### What the task asks:
Reply with one number: the count of lines in the data that hold the string "failed".

+-------+

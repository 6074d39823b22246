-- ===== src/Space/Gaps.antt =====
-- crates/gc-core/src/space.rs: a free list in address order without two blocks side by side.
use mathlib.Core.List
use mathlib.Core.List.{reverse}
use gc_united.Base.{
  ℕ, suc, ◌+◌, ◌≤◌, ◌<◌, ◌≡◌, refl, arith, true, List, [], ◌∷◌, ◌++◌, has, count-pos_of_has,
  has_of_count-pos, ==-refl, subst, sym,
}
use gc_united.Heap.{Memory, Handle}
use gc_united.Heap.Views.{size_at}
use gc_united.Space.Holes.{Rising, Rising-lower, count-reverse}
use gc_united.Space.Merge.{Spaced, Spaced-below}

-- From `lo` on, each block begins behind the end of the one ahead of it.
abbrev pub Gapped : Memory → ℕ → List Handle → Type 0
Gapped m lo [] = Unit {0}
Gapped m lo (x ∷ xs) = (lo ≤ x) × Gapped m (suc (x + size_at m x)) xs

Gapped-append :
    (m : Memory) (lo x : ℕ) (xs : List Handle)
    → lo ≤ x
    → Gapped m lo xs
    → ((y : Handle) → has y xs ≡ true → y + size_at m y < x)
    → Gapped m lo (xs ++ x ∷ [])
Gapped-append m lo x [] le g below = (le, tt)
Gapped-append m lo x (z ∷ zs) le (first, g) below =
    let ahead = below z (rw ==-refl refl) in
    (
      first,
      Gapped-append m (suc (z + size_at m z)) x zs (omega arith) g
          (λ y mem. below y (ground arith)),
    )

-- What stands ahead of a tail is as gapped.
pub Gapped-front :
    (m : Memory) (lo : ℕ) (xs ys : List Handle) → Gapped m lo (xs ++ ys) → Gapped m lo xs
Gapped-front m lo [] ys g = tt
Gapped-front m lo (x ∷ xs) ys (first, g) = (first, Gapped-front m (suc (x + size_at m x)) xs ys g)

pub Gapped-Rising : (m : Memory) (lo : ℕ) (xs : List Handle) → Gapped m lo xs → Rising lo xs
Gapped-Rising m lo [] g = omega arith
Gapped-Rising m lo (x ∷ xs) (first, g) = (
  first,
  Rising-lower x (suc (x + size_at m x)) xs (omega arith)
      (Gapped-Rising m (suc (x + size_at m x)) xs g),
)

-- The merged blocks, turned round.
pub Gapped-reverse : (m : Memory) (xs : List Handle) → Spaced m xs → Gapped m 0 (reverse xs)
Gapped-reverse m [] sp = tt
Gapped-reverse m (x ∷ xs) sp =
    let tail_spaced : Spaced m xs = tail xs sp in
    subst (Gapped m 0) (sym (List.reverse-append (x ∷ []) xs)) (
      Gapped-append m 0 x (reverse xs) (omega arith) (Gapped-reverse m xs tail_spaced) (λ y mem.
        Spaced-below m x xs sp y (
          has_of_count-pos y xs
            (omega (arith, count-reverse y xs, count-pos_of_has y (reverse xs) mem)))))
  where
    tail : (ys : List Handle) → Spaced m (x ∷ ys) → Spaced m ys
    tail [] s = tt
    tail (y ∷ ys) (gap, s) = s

+-------+

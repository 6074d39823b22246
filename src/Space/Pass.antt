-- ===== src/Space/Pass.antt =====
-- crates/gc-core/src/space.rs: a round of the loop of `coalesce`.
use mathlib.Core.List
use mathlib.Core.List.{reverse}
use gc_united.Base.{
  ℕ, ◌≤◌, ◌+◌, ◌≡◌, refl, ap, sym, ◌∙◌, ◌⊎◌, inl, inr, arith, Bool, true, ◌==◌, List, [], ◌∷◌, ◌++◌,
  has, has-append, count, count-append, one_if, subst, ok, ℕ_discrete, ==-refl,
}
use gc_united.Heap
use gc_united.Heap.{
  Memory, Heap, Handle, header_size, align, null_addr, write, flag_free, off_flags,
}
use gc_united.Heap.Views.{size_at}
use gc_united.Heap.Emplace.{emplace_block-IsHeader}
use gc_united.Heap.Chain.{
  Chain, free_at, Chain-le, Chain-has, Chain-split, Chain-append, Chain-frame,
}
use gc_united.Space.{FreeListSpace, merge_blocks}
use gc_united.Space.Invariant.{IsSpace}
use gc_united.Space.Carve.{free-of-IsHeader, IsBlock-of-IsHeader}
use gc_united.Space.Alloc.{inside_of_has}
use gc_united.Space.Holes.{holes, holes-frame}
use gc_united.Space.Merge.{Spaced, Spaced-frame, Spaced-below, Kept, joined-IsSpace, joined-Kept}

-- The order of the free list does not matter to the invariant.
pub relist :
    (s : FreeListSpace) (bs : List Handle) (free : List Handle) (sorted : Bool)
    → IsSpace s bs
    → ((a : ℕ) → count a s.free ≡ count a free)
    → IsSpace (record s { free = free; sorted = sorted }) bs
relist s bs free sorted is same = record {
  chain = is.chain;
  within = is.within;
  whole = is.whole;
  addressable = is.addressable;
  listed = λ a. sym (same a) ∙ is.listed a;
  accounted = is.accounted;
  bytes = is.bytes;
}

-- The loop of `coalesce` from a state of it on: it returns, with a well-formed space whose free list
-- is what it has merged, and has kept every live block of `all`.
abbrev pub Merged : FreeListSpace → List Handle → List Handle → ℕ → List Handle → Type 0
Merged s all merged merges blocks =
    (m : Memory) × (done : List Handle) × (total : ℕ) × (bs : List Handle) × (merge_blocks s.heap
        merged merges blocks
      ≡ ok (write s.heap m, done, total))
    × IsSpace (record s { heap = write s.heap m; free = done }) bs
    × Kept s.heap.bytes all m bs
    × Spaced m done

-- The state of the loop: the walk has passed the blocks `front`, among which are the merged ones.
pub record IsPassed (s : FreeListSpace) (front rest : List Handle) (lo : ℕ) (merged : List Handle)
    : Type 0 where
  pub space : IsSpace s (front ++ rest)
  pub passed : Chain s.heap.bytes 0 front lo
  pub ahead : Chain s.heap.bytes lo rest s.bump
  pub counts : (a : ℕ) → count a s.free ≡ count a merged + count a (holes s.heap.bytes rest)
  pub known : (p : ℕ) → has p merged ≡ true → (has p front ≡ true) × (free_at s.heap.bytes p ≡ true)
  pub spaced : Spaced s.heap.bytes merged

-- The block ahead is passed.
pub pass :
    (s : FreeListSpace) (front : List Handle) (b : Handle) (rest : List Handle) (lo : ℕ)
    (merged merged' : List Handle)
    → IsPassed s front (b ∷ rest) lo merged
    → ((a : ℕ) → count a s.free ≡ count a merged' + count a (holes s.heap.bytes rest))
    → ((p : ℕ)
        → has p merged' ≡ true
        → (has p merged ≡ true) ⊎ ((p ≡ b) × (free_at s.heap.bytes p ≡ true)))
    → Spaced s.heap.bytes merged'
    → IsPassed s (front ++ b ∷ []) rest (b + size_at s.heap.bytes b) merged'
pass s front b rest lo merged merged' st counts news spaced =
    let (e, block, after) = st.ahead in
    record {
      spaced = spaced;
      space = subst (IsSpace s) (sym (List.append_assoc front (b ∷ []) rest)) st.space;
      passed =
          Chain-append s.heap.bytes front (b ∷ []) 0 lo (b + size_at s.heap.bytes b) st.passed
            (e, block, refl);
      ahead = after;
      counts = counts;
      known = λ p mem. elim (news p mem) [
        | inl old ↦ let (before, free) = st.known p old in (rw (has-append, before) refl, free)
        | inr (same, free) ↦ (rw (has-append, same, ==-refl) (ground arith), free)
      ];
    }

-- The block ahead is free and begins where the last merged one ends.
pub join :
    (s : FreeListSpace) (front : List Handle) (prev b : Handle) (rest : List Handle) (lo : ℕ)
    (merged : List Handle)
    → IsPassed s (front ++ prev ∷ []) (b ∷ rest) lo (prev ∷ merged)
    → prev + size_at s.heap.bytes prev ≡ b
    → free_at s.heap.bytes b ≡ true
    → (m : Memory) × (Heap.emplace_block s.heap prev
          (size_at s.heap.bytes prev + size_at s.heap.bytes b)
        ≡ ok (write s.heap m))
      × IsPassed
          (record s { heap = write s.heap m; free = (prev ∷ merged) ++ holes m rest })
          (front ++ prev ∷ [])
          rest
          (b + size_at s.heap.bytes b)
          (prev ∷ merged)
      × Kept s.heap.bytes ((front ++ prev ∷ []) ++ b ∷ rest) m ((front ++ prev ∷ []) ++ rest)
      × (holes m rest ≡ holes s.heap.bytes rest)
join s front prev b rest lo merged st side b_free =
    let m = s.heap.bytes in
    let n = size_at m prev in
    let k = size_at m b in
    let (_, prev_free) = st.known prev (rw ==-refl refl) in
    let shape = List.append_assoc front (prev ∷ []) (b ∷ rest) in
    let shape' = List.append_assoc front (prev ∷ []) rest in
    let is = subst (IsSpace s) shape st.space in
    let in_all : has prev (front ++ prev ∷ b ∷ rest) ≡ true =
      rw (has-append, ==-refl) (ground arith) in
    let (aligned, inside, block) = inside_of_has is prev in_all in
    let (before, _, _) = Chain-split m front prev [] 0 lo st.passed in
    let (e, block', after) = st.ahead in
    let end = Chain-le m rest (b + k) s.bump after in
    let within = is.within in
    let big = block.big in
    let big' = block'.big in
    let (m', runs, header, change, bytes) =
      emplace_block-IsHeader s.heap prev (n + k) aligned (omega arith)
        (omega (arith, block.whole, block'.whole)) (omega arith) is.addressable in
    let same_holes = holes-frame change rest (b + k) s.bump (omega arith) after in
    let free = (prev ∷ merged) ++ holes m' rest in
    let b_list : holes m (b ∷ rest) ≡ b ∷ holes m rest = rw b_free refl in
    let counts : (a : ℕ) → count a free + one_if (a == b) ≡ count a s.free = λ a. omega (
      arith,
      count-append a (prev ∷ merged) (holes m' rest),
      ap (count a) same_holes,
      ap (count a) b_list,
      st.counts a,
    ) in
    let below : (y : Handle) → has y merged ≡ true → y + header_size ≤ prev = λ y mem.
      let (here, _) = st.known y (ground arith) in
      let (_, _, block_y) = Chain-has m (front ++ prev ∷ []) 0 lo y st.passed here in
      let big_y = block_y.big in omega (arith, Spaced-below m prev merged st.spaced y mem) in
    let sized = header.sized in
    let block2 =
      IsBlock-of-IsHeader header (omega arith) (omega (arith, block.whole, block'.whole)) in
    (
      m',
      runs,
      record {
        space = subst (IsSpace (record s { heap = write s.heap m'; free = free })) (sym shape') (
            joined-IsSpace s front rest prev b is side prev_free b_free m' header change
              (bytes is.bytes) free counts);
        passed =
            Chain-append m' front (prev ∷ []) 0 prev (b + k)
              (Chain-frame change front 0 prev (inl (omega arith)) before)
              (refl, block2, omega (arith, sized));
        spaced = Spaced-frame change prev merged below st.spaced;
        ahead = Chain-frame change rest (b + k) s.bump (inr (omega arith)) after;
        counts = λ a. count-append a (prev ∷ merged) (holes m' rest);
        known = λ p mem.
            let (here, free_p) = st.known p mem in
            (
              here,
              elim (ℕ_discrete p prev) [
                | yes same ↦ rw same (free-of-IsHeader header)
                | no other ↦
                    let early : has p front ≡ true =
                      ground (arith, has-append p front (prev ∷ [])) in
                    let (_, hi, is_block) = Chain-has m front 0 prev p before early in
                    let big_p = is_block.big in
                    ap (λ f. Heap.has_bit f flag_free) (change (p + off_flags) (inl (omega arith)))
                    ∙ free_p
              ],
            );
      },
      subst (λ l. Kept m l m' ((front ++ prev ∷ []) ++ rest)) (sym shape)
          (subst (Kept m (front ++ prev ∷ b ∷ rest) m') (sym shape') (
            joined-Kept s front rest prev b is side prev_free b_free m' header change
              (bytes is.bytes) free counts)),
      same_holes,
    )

+-------+

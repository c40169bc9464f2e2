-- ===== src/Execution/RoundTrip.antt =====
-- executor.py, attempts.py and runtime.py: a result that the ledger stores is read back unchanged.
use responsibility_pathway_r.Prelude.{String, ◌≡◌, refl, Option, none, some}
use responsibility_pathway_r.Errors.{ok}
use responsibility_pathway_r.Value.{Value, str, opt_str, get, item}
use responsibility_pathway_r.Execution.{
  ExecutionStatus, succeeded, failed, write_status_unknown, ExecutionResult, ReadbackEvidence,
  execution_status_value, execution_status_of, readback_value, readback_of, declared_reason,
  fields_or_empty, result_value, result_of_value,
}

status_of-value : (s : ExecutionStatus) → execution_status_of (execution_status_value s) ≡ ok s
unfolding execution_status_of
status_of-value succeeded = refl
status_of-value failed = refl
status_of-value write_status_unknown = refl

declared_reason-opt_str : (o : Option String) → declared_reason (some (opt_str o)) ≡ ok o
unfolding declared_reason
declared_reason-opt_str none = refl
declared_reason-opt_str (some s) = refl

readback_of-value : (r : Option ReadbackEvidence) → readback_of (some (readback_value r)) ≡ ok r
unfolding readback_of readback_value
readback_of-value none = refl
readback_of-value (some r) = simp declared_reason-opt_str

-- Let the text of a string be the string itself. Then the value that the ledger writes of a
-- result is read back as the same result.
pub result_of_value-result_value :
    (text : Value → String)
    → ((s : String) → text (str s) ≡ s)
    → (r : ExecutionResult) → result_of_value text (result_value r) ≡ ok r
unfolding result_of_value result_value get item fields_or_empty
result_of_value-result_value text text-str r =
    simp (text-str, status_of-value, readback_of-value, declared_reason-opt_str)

+-------+

### Answer box:
2